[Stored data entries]
○ ○ ○ ○ ○ ○ ○

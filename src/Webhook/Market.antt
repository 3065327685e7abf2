-- ===== src/Webhook/Market.antt =====
-- include/webhook/signal_types.hpp: detect_exchange_market and normalize_symbol.
pub mod Symbols
use tv_webhook_trader.Shared.{
  ℕ, ◌+◌, ◌-◌, Bool, true, false, ◌&&◌, if◌then◌else◌, List, [], ◌∷◌, Option, none, some, Text,
  codes, text_eq, has_part, ltb, length, last_n, drop_last_n, ◌==◌, take, drop,
}
use tv_webhook_trader.Webhook.Classify.{to_upper}

unfoldable pub detect_exchange : Text → Text
detect_exchange ticker_full =
    let u = to_upper ticker_full in
    if has_part (codes "UPBIT") u
    then codes "upbit"
    else if has_part (codes "BITGET") u
    then codes "bitget"
    else if has_part (codes "BINANCE") u
    then codes "binance"
    else codes "bitget"

-- sym.size() > 2 && sym.substr(sym.size() - 2) == ".P"
unfoldable pub is_perpetual : Text → Bool
is_perpetual s = ltb 2 (length s) && text_eq (last_n 2 s) (codes ".P")

unfoldable pub is_krw_pair : Text → Bool
is_krw_pair s = ltb 3 (length s) && text_eq (last_n 3 s) (codes "KRW")

-- The exchange and the market of a signal.
unfoldable pub detect_exchange_market : (ticker_full ticker : Text) → Text × Text
detect_exchange_market ticker_full ticker =
    let exchange = detect_exchange ticker_full in
    if is_perpetual ticker
    then (exchange, codes "futures")
    else if is_krw_pair ticker
    then (codes "upbit", codes "spot")
    else if text_eq exchange (codes "upbit")
    then (exchange, codes "spot")
    else (exchange, codes "futures")

-- What stands behind the first colon, if there is one.
unfoldable pub behind_colon : Text → Option Text
behind_colon [] = none
behind_colon (c ∷ s) = if c == b':' then some s else behind_colon s

-- A suffix ".P" goes.
pub strip_suffix : Text → Text
strip_suffix ticker = if is_perpetual ticker then drop_last_n 2 ticker else ticker

-- What stands up to the first colon goes.
pub strip_exchange : Text → Text
strip_exchange s = elim (behind_colon s) [ none ↦ s | some t ↦ t ]

unfoldable pub normalize_symbol : Text → Text
unfolding is_perpetual behind_colon strip_suffix strip_exchange
normalize_symbol ticker = strip_exchange (strip_suffix ticker)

○ ○ ○ ○ ○ ○ ○

* _Directions for this task_
The reply should consist of all the records, repeated exactly.

* _Answer to the exercise_
filename src/Webhook/Market.antt
repository 3065327685e7abf2
-- ===== src/Webhook/Market.antt =====
-- include/webhook/signal_types.hpp: detect_exchange_market and normalize_symbol.
pub mod Symbols
use tv_webhook_trader.Shared.{
  ℕ, ◌+◌, ◌-◌, Bool, true, false, ◌&&◌, if◌then◌else◌, List, [], ◌∷◌, Option, none, some, Text,
  codes, text_eq, has_part, ltb, length, last_n, drop_last_n, ◌==◌, take, drop,
}
use tv_webhook_trader.Webhook.Classify.{to_upper}

unfoldable pub detect_exchange : Text → Text
detect_exchange ticker_full =
    let u = to_upper ticker_full in
    if has_part (codes "UPBIT") u
    then codes "upbit"
    else if has_part (codes "BITGET") u
    then codes "bitget"
    else if has_part (codes "BINANCE") u
    then codes "binance"
    else codes "bitget"

-- sym.size() > 2 && sym.substr(sym.size() - 2) == ".P"
unfoldable pub is_perpetual : Text → Bool
is_perpetual s = ltb 2 (length s) && text_eq (last_n 2 s) (codes ".P")

unfoldable pub is_krw_pair : Text → Bool
is_krw_pair s = ltb 3 (length s) && text_eq (last_n 3 s) (codes "KRW")

-- The exchange and the market of a signal.
unfoldable pub detect_exchange_market : (ticker_full ticker : Text) → Text × Text
detect_exchange_market ticker_full ticker =
    let exchange = detect_exchange ticker_full in
    if is_perpetual ticker
    then (exchange, codes "futures")
    else if is_krw_pair ticker
    then (codes "upbit", codes "spot")
    else if text_eq exchange (codes "upbit")
    then (exchange, codes "spot")
    else (exchange, codes "futures")

-- What stands behind the first colon, if there is one.
unfoldable pub behind_colon : Text → Option Text
behind_colon [] = none
behind_colon (c ∷ s) = if c == b':' then some s else behind_colon s

-- A suffix ".P" goes.
pub strip_suffix : Text → Text
strip_suffix ticker = if is_perpetual ticker then drop_last_n 2 ticker else ticker

-- What stands up to the first colon goes.
pub strip_exchange : Text → Text
strip_exchange s = elim (behind_colon s) [ none ↦ s | some t ↦ t ]

unfoldable pub normalize_symbol : Text → Text
unfolding is_perpetual behind_colon strip_suffix strip_exchange
normalize_symbol ticker = strip_exchange (strip_suffix ticker)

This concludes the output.